The 22 cancer quality measures focused on conditions such as leukemia, prostate cancer and multiple myeloma, but also on issues that affect care delivery, including radiation dose limits, hospice readmissions, and care planning. Twelve quality measures have been added on healthcare disparities and culturally competent care for racial and ethnic minority populations.

Lack of coordination and communication across healthcare settings can lead to significant patient complications, including medication errors, preventable hospital readmissions, and emergency department visits, according to officials. The measures are designed to improve patient care quality and safety.

“Care coordination is essential to reducing medical errors, wasteful spending and unnecessary pain and procedures for patients,” said Laura J. Miller, interim CEO of NQF, a voluntary consensus standards-setting organization in Washington, D.C. “We are pleased to endorse this set of measures that will help providers deliver safer, coordinated, and higher-quality care to patients.”

The 12 care coordination measures are:
  • Medication reconciliation;  
  • Acute care hospitalization (risk-adjusted);  
  • Emergency Department use without hospitalization;
  • Advance care plan;
  • Medical home system survey;  
  • Timely initiation of care;
  • Care for older adults – medication review;  
  • Medication reconciliation post-discharge;  
  • Reconciled medication list received by discharged patients (discharges from an inpatient facility to home/self-care or any other site of care);  
  • Transition record with specified elements received by discharged patients (discharges from an inpatient facility to home/self-care or any other site of care);  
  • Timely transmission of transition record (discharges from an inpatient facility to home/self-care or any other site of care);  and
  • Transition record with specified elements received by discharged patients (emergency department discharges to ambulatory care [home/self-care] or home healthcare).

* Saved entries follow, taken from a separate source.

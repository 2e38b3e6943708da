-- ===== src/MeshManager/Cones.antt =====
-- graphics/src/MeshManager.cc: the cone and the tube.
use ign_common.Common.{ℕ, ◌+◌, ◌-◌, ◌*◌, ◌/◌, ltb, ◌==◌, if◌then◌else◌}
use ign_common.Mesh.SubMesh.{Geometry, SubMesh, index_count, index, normal, set_normal, to_unsigned}
use ign_common.MeshManager.Strips.{
  Floats, Strip, new_strip, rounds, word, add_point, add_triangle, add_quad, advance, ratio,
  seg_angle, ring_z, top_fan,
}

unfoldable pub at_least_three : ℕ → ℕ
at_least_three segments = if ltb segments 3 then 3 else segments

unfoldable pub at_least_one : ℕ → ℕ
at_least_one rings = if ltb rings 1 then 1 else rings

module _ (g : Geometry) (fl : Floats g) where
  open g use {Real, Vector, number, add, sub, mul, div, neg, to_float, vector, plus, normalize}
  open fl use {fmul, fdiv, sinf, cosf, over, is_full_turn}

  -- One round of the inner loop of CreateCone.
  unfoldable pub cone_point : Real → Real → ℕ → ℕ → ℕ → ℕ → Strip g → Strip g
  unfolding add_point add_triangle
  cone_point radius height rings segments ring seg st =
      let c = ring_z g fl height rings ring in
      let r = mul (div (sub height (add c (div height (number 2)))) height) radius in
      let angle = seg_angle g fl segments seg in
      let vert = vector (mul r (sinf angle)) (mul r (cosf angle)) c in
      let s =
        add_point g vert (normalize vert) (ratio g fl seg segments) (ratio g fl ring rings)
          st.part in
      if ring == rings - 1
      then record st { part = s }
      else advance g (add_quad g segments st.vertice_index s) st.vertice_index

  -- A triangle of the bottom of the cone.
  unfoldable pub base_fan : ℕ → ℕ → SubMesh g → SubMesh g
  unfolding add_triangle
  base_fan v seg s = add_triangle g v seg (seg + 1) s

  -- A round of the loop that fixes the normals, for the triangle at the index `i`.
  unfoldable pub fix_normal : ℕ → SubMesh g → SubMesh g
  unfolding index normal set_normal to_unsigned
  fix_normal i s =
      let a = to_unsigned (index g s i) in
      let b = to_unsigned (index g s (i + 1)) in
      let c = to_unsigned (index g s (i + 2)) in
      let start = vector (number 0) (number 0) (number 0) in
      let sum = plus (plus (plus start (normal g s a)) (normal g s b)) (normal g s c) in
      let norm = normalize (over sum (number 3)) in
      set_normal g c norm (set_normal g b norm (set_normal g a norm s))

  -- `i` goes through the multiples of three with i + 3 below the count.
  unfoldable pub fix_normals : SubMesh g → SubMesh g
  unfolding rounds fix_normal
  fix_normals s = rounds (λ k t. fix_normal (3 * k) t) ((index_count g s - 1) / 3) 0 s

  -- The tip and the base of the cone and their fans, behind the rings.
  unfoldable pub cone_caps : Real → ℕ → Strip g → SubMesh g
  unfolding add_point top_fan base_fan rounds
  cone_caps height segments st =
      let none_ = number 0 in
      let tip =
        add_point g (vector none_ none_ (div height (number 2))) (vector none_ none_ (number 1))
          none_ none_ st.part in
      let base =
        add_point g (vector none_ none_ (div (neg height) (number 2)))
          (vector none_ none_ (neg (number 1))) none_ none_ tip in
      let v = word (st.vertice_index + (segments + 1)) in
      rounds (base_fan (word (v + 1))) segments 0 (rounds (top_fan g fl v segments) segments 0 base)

  -- CreateCone before RecalculateNormals.
  unfoldable pub cone_part : Real → Real → ℕ → ℕ → SubMesh g
  unfolding rounds cone_point cone_caps fix_normals at_least_three
  cone_part radius height rings segments =
      let n = at_least_three segments in
      let side =
        rounds (λ ring st. rounds (cone_point radius height rings n ring) (n + 1) 0 st) rings 0
          (new_strip g) in
      fix_normals (cone_caps height n side)

  -- The triangles at a vertex between its ring and the next.
  unfoldable pub tube_side : ℕ → ℕ → ℕ → SubMesh g → SubMesh g
  unfolding add_triangle
  tube_side segments seg v s =
      let t = if seg == 0 then s else add_triangle g (v + segments + 1) v (v + segments) s in
      if seg == segments then t else add_triangle g (v + segments + 1) (v + 1) v t

  -- The triangles of the top.
  unfoldable pub tube_top : ℕ → ℕ → ℕ → SubMesh g → SubMesh g
  unfolding add_triangle
  tube_top segments seg v s =
      if seg == segments
      then s
      else add_triangle g (v + 1) (v + segments + 1) (v + segments + 2)
          (add_triangle g v (v + segments + 1) (v + 1) s)

  -- The triangles of the bottom. CreateTube is undefined where the products are no int.
  unfoldable pub tube_bottom : ℕ → ℕ → ℕ → ℕ → SubMesh g → SubMesh g
  unfolding add_triangle
  tube_bottom rings segments seg v s =
      let far = v + (segments + 1) * ((rings + 1) * 2 - 1) in
      if ltb seg segments
      then add_triangle g (far + 1) far (v + 1) (add_triangle g (v + 1) far v s)
      else s

  -- A vertex of the tube, at a distance and a height.
  unfoldable pub tube_vertex : Real → Real → Real → ℕ → ℕ → ℕ → ℕ → SubMesh g → SubMesh g
  unfolding add_point
  tube_vertex arc radius at_z rings segments ring seg s =
      let angle = fmul (number seg) (to_float (div arc (number segments))) in
      let vert = vector (fmul radius (sinf angle)) (fmul radius (cosf angle)) at_z in
      add_point g vert (normalize vert) (ratio g fl seg segments) (ratio g fl ring rings) s

  -- One round of the first inner loop of CreateTube.
  unfoldable pub outer_point : Real → Real → Real → ℕ → ℕ → ℕ → ℕ → Strip g → Strip g
  unfolding tube_vertex tube_side tube_top tube_bottom
  outer_point arc radius height rings segments ring seg st =
      let v = st.vertice_index in
      let s =
        tube_vertex arc radius (ring_z g fl height rings ring) rings segments ring seg st.part in
      let t = if ring == rings then tube_top segments seg v s else tube_side segments seg v s in
      let u = if ring == 0 then tube_bottom rings segments seg v t else t in advance g u v

  -- One round of the second.
  unfoldable pub inner_point : Real → Real → Real → ℕ → ℕ → ℕ → ℕ → Strip g → Strip g
  unfolding tube_vertex tube_side
  inner_point arc radius height rings segments ring seg st =
      let v = st.vertice_index in
      let at_z = sub (div height (number 2)) (fdiv (fmul (number ring) height) (number rings)) in
      let s = tube_vertex arc radius at_z rings segments ring seg st.part in
      advance g (if ring == rings then s else tube_side segments seg v s) v

  -- A round of the loop that closes the ends. CreateTube is undefined where the products are no int.
  unfoldable pub close_ends : ℕ → ℕ → ℕ → SubMesh g → SubMesh g
  unfolding add_triangle
  close_ends rings segments ring s =
      let n = segments + 1 in
      let far = n * ((rings + 1) * 2 - 2 - ring) in
      let near = n * ((rings + 1) * 2 - 1 - ring) in
      let a = add_triangle g (n * (ring + 1)) (n * ring) far s in
      let b = add_triangle g far (n * ring) near a in
      let c = add_triangle g (far + segments) (near + segments) (n * (ring + 1) + segments) b in
      add_triangle g (n * (ring + 1) + segments) (near + segments) (n * ring + segments) c

  -- CreateTube before RecalculateNormals.
  unfoldable pub tube_part : Real → Real → Real → ℕ → ℕ → Real → SubMesh g
  unfolding rounds outer_point inner_point close_ends at_least_three at_least_one
  tube_part inner_radius outer_radius height rings_ segments_ arc =
      let rings = at_least_one rings_ in
      let segments = at_least_three segments_ in
      let outer =
        rounds
          (λ ring st.
            rounds (outer_point arc outer_radius height rings segments ring) (segments + 1) 0 st)
          (rings + 1) 0 (new_strip g) in
      let inner =
        rounds
          (λ ring st.
            rounds (inner_point arc inner_radius height rings segments ring) (segments + 1) 0 st)
          (rings + 1) 0 outer in
      if is_full_turn arc then inner.part else rounds (close_ends rings segments) rings 0 inner.part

The measures included those that have been endorsed for at least three years and are now undergoing NQF endorsement maintenance. The ongoing evaluation and updating of endorsed measures ensures they are current and relevant to NQF’s care coordination portfolio. In all, 15 measures were evaluated against NQF’s endorsement criteria, with 12 receiving endorsement status.

NQF time-limited endorsement is applied to measures that meet all of NQF’s endorsement criteria with the exception of field testing and are critical to advancing quality improvement. When measures are granted this two-year endorsement, rather than the traditional three-year period, measure developers must test the measure and return results to NQF within the two-year window.

The statuses of the measures were removed after the board determined field testing results adequately addressed endorsement considerations including reliability and validity, and that there were no unintended consequences or patient harm as a result of measure testing and implementation.

These measures will begin their regular three-year maintenance review in 2013 and 2014. At this time, they will undergo a complete evaluation based on all of NQF’s updated measure criteria.